The median age in the city was 34.4 years. 27.7% of residents were under the age of 18; 9.6% were between the ages of 18 and 24; 26.4% were from 25 to 44; 26% were from 45 to 64; and 10.3% were 65 years of age or older. The gender makeup of the city was 46.3% male and 53.7% female.

===2000 census===
As of the census of 2000, there were 283 people, 113 households, and 80 families living in the city. The population density was 2,119.8 PD/sqmi. There were 120 housing units at an average density of 898.8 /sqmi. The racial makeup of the city was 98.94% White, and 1.06% from two or more races. Hispanic or Latino of any race were 1.41% of the population.

There were 113 households, out of which 30.1% had children under the age of 18 living with them, 58.4% were married couples living together, 7.1% had a female householder with no husband present, and 29.2% were non-families. 26.5% of all households were made up of individuals, and 13.3% had someone living alone who was 65 years of age or older. The average household size was 2.50 and the average family size was 3.01.

In the city, the population was spread out, with 26.9% under the age of 18, 9.9% from 18 to 24, 30.0% from 25 to 44, 23.0% from 45 to 64, and 10.2% who were 65 years of age or older. The median age was 34 years. For every 100 females, there were 91.2 males. For every 100 females age 18 and over, there were 99.0 males.
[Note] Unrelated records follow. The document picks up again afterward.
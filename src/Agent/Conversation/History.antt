-- ===== src/Agent/Conversation/History.antt =====
-- The history of a conversation of xiaoai-agent/src/main.rs, and what was spoken.
use xiaoai_agent.Prelude.{ℕ, suc, ◌≡◌, refl, Bool, List, [], ◌∷◌, take, inl, inr}
use xiaoai_agent.Agent.Turns.{AgentControl}
use xiaoai_agent.Agent.Conversation.{
  Round, Conversation, Next, listen_on, ended, failed, round, run_session, start,
}
use xiaoai_agent.Agent.Conversation.Exchanges.{Recorded, Faithful, Outcome, round-Outcome}

-- Rounds onto those before them, the last first.
abbrev pub onto : List Round → List Round → List Round
onto [] past = past
onto (r ∷ rounds) past = onto rounds (r ∷ past)

abbrev pub SessionOutcome : Bool → List Round → List Round → Conversation × Next → Type 0
SessionOutcome is_hermes rounds past (s, listen_on) = Faithful is_hermes (onto rounds past) s
SessionOutcome is_hermes rounds past (s, ended) = s.agent.history ≡ []
SessionOutcome is_hermes rounds past (s, failed) =
    (n : ℕ) × (exchanges : List (List ℕ × List ℕ)) × Recorded is_hermes (onto (take n rounds) past)
      s exchanges

one_more :
    (is_hermes : Bool) (r : Round) (rounds past : List Round) (o : Conversation × Next)
    → SessionOutcome is_hermes rounds (r ∷ past) o
    → SessionOutcome is_hermes (r ∷ rounds) past o
one_more is_hermes r rounds past (s, listen_on) h = h
one_more is_hermes r rounds past (s, ended) h = h
one_more is_hermes r rounds past (s, failed) (n, exchanges, h) = (suc n, exchanges, h)

continue-SessionOutcome :
    (is_hermes : Bool) (retries : ℕ) (acknowledges : Bool) (r : Round) (rounds past : List Round)
    (t : Conversation) (next : Next)
    → Outcome is_hermes past r (t, next)
    → (Faithful is_hermes (r ∷ past) t
        → SessionOutcome is_hermes rounds
            (r ∷ past)
            (run_session is_hermes retries acknowledges rounds t))
    → SessionOutcome is_hermes (r ∷ rounds) past (elim next [
      | listen_on ↦ run_session is_hermes retries acknowledges rounds t
      | ended ↦ (t, ended)
      | failed ↦ (t, failed)
    ])
continue-SessionOutcome is_hermes retries acknowledges r rounds past t listen_on h on =
    one_more is_hermes r rounds past (run_session is_hermes retries acknowledges rounds t) (on h)
continue-SessionOutcome is_hermes retries acknowledges r rounds past t ended h on = h
continue-SessionOutcome is_hermes retries acknowledges r rounds past t failed (exchanges, inl h)
      on =
    (0, exchanges, h)
continue-SessionOutcome is_hermes retries acknowledges r rounds past t failed (exchanges, inr h)
      on =
    (1, exchanges, h)

session-SessionOutcome :
    (is_hermes : Bool) (retries : ℕ) (acknowledges : Bool) (rounds past : List Round)
    (s : Conversation)
    → Faithful is_hermes past s
    → SessionOutcome is_hermes rounds past (run_session is_hermes retries acknowledges rounds s)
unfolding run_session
session-SessionOutcome is_hermes retries acknowledges [] past s faithful = faithful
session-SessionOutcome is_hermes retries acknowledges (r ∷ rounds) past s faithful =
    let (t, next) = round is_hermes retries acknowledges r s in
    continue-SessionOutcome is_hermes retries acknowledges r rounds past t next
      (round-Outcome is_hermes past retries acknowledges r r.stream s faithful)
      (session-SessionOutcome is_hermes retries acknowledges rounds (r ∷ past) t)

-- A session that begins with an empty history and still listens has for its history one exchange for
-- each round: the trimmed transcript of the round, which is not empty, and an answer that the model
-- gave to it behind the exchanges before, as it is kept. The loudspeaker spoke those of the answers
-- that are not blank, in their order, and nothing else of the agent. A session that ended well has
-- forgotten its history; one that failed still has the exchanges of its first rounds.
pub run_session-Outcome :
    (is_hermes : Bool) (retries : ℕ) (acknowledges : Bool) (rounds : List Round)
    (control : AgentControl)
    → SessionOutcome is_hermes rounds [] (
        run_session is_hermes retries acknowledges rounds
          (start (record { history = []; control = control })))
run_session-Outcome is_hermes retries acknowledges rounds control =
    session-SessionOutcome is_hermes retries acknowledges rounds []
      (start (record { history = []; control = control })) ([], (refl, refl, tt), refl)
The median income for a household in the city was $31,875, and the median income for a family was $43,929. Males had a median income of $31,250 versus $24,583 for females. The per capita income for the city was $20,269. About 6.0% of families and 9.4% of the population were below the poverty line, including 11.9% of those under the age of eighteen and 11.1% of those 65 or over.

==Education==
The West Liberty Community School District operates local public schools.